The giant nature of WD1856b implies that transiting rocky planets are rare around white dwarfs

White dwarfs (WDs) have roughly Earth-sized radii - a fact long recognized to facilitate the potential discovery of sub-Earth-sized planets via transits, as well as atmospheric characterization including biosignatures. Despite this, the first (and still only) transiting planet discovered in 2020 was a roughly Jupiter-sized world, found using Transiting Exoplanet Survey Satellite (TESS) photometry. Given the relative paucity of giant planets compared to terrestrials indicated by both exoplanet demographics and theoretical simulations (a 'bottom-heavy' radius distribution), this is perhaps somewhat surprising. Here, we quantify the surprisingness of this fact accounting for geometric bias and detection bias assuming (1) a bottom-heavy Kepler-derived radius distribution and (2) a top-heavy radial velocity-inspired radius distribution.
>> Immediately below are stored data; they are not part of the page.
-- ===== src/Protocol/Decode.antt =====
-- include/chronosx/protocol.hpp: `decode_message` on the bytes of a message.
use mathlib.Core.Bool.{false≢true}
use chronos_x.Base.{
  ℕ, dec_lt, ◌!=◌, true, false, ◌≡◌, suc, ◌+◌, ◌^◌, ◌≤◌, ◌<◌, refl, sym, ap, ◌∙◌, List, [], ◌∷◌,
  ◌++◌, arith, ltb, le→ltb, lt→ltb, u8, u32, ◌>>◌, bit_and, bit_xor, take, drop, length,
  length-append, if◌then◌else◌,
}
use chronos_x.Protocol.{
  is_ok, ok, buffer_too_small, invalid_magic, invalid_version, payload_too_large, truncated_payload,
  crc_mismatch,
}
use chronos_x.Protocol.Codec.{
  MessageHeader, DecodeResult, crc32, crc32_update, crc32_table, read_header, expected_crc,
  decode_message, protocol_magic, protocol_version, refused, write_u32_be,
}
use chronos_x.Protocol.Peel.{header_bytes, take_append}
use chronos_x.Protocol.Checksum.{crc32-lt}
use chronos_x.Protocol.Encode.{length-header_bytes, sent_header, sent_crc, message_bytes}
use chronos_x.Protocol.Header.{Fits, read_header_lem}

crc32_update-append :
    (xs ys : List ℕ) (crc : ℕ) → crc32_update crc (xs ++ ys) ≡ crc32_update (crc32_update crc xs) ys
unfolding crc32_update
crc32_update-append [] ys crc = refl
crc32_update-append (x ∷ xs) ys crc =
    crc32_update-append xs ys (bit_xor (crc >> 8) (crc32_table (u8 (bit_and (bit_xor crc x) 0xff))))

-- The payload's part of the decoder's checksum.
payload_crc :
    (crc : ℕ) (payload rest : List ℕ)
    → (if ltb 0 (length payload)
        then crc32_update crc (take (length payload) (payload ++ rest))
        else crc)
      ≡ crc32_update crc payload
unfolding crc32_update
payload_crc crc [] rest = refl
payload_crc crc (x ∷ payload) rest =
    rw (lt→ltb 0 (suc (length payload)) (omega arith))
      (ap (crc32_update crc) (take_append (x ∷ payload) rest (suc (length payload)) refl))

-- The decoder's checksum of the header with its field cleared and of the payload is the checksum of both.
expected_crc_lem :
    (h : MessageHeader) (crc : ℕ) (payload rest : List ℕ)
    → expected_crc (header_bytes h crc (payload ++ rest)) (length payload)
      ≡ crc32 (header_bytes h 0 payload)
unfolding expected_crc header_bytes write_u32_be crc32
expected_crc_lem h crc payload rest =
    ap (λ c. bit_xor c 0xffffffff)
      (payload_crc (crc32_update 0xffffffff (header_bytes h 0 [])) payload rest
        ∙ sym (crc32_update-append (header_bytes h 0 []) payload 0xffffffff))

abbrev pub received_header : MessageHeader → List ℕ → MessageHeader
received_header header payload = record (sent_header header payload) {
  crc32 = sent_crc header payload;
}

-- The tests behind the length's, for any header and checksum.
unfoldable judged : MessageHeader → ℕ → List ℕ → DecodeResult
judged header expected input =
    if header.magic != protocol_magic
    then refused invalid_magic
    else if header.version != protocol_version
    then refused invalid_version
    else if ltb 65536 header.payload_length
    then refused payload_too_large
    else if ltb (length input) (24 + header.payload_length)
    then refused truncated_payload
    else if expected != header.crc32
    then refused crc_mismatch
    else record {
      status = ok;
      message = record { header = header; payload = take header.payload_length (drop 24 input) };
    }

decode_message-judged :
    (input : List ℕ)
    → 24 ≤ length input
    → decode_message input
      ≡ judged (read_header input) (expected_crc input (read_header input).payload_length) input
unfolding decode_message judged
decode_message-judged input h = rw (le→ltb (length input) 24 h) refl

drop-header_bytes :
    (h : MessageHeader) (crc : ℕ) (xs : List ℕ) → drop 24 (header_bytes h crc xs) ≡ xs
unfolding header_bytes
drop-header_bytes h crc xs = refl

!=_self : (n : ℕ) → (n != n) ≡ false
!=_self n = ground arith

judged_good :
    (header : MessageHeader) (payload rest input : List ℕ)
    → header.magic ≡ protocol_magic
    → header.version ≡ protocol_version
    → header.payload_length ≡ length payload
    → length payload ≤ 65536
    → 24 + length payload ≤ length input
    → drop 24 input ≡ payload ++ rest
    → judged header header.crc32 input
      ≡ record { status = ok; message = record { header = header; payload = payload } }
unfolding judged
judged_good header payload rest input m v n h room left =
    rw
      (
        right_magic,
        right_version,
        le→ltb 65536 header.payload_length (omega arith),
        le→ltb (length input) (24 + header.payload_length) (omega arith),
        !=_self header.crc32,
      )
      (λ i. record { status = ok; message = record { header = header; payload = found i } })
  where
    right_magic : (header.magic != protocol_magic) ≡ false
    right_magic = ap (λ x. x != protocol_magic) m

    right_version : (header.version != protocol_version) ≡ false
    right_version = ap (λ x. x != protocol_version) v

    found : take header.payload_length (drop 24 input) ≡ payload
    found = ap (take header.payload_length) left ∙ take_append payload rest header.payload_length n

judged_ok :
    (header : MessageHeader) (expected : ℕ) (input : List ℕ)
    → is_ok (judged header expected input).status ≡ true
    → (judged header expected input).message.header ≡ header
unfolding judged is_ok
judged_ok header expected input h = ground arith

decode_message_short :
    (input : List ℕ) → length input < 24 → decode_message input ≡ refused buffer_too_small
unfolding decode_message
decode_message_short input h = rw (lt→ltb (length input) 24 h) refl

-- A message that decodes has at least the header's bytes, and its header is theirs.
pub decoded_header :
    (input : List ℕ)
    → is_ok (decode_message input).status ≡ true
    → (24 ≤ length input) × ((decode_message input).message.header ≡ read_header input)
unfolding is_ok
decoded_header input h = elim (dec_lt (length input) 24) [
  | yes lt ↦
      absurd (false≢true (sym (ap (λ d. is_ok d.status) (decode_message_short input lt)) ∙ h))
  | no ge ↦
      let long : 24 ≤ length input = omega (arith, ge) in
      let whole = decode_message-judged input long in
      let expected = expected_crc input (read_header input).payload_length in
      (
        long,
        ap (λ d. d.message.header) whole
            ∙ judged_ok (read_header input) expected input
                (sym (ap (λ d. is_ok d.status) whole) ∙ h),
      )
]

pub decode_message_lem :
    (header : MessageHeader) (payload rest : List ℕ)
    → header.sequence < 2 ^ 32
    → header.timestamp_ns < 2 ^ 64
    → length payload ≤ 65536
    → decode_message (message_bytes header payload rest) ≡ record {
      status = ok;
      message = record { header = received_header header payload; payload = payload };
    }
decode_message_lem header payload rest p q r =
    decode_message-judged bytes (omega (arith, whole))
    ∙ ap (λ h. judged h (expected_crc bytes h.payload_length) bytes)
        (read_header_lem sent crc (payload ++ rest) fits (crc32-lt _))
    ∙ ap (λ n. judged received (expected_crc bytes n) bytes) small
    ∙ ap (λ n. judged received n bytes) (expected_crc_lem sent crc payload rest)
    ∙ judged_good received payload rest bytes refl refl small r
        (omega (arith, whole, length-append payload rest))
        (drop-header_bytes sent crc (payload ++ rest))
  where
    sent : MessageHeader
    sent = sent_header header payload

    crc : ℕ
    crc = sent_crc header payload

    received : MessageHeader
    received = received_header header payload

    bytes : List ℕ
    bytes = message_bytes header payload rest

    whole : length (message_bytes header payload rest) ≡ 24 + length (payload ++ rest)
    whole = length-header_bytes sent crc (payload ++ rest)

    small : u32 (length payload) ≡ length payload
    small = omega arith

    fits : Fits sent
    fits = record {
      magic = omega arith;
      sequence = p;
      payload_length = omega arith;
      timestamp_ns = q;
    }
Both are concerning, with the latter implying that rocky planets are highly unusual and the former implying that WD1856b would have to be highly surprising event at the <0.5 percent level. Using a hierarchical Bayesian model, we infer the implied power-law radius distribution conditioned upon WD1856b and arrive at a top-heavy distribution, such that 0.1-2R() planets are an order-of-magnitude less common than 2-20R(circle plus) planets in the period range of 0.1-10d. The implied hypothesis is that transiting WD rocky planets are rare. We discuss ways to reconcile this with other evidence for minor bodies around WDs, and ultimately argue that it should be easily testable.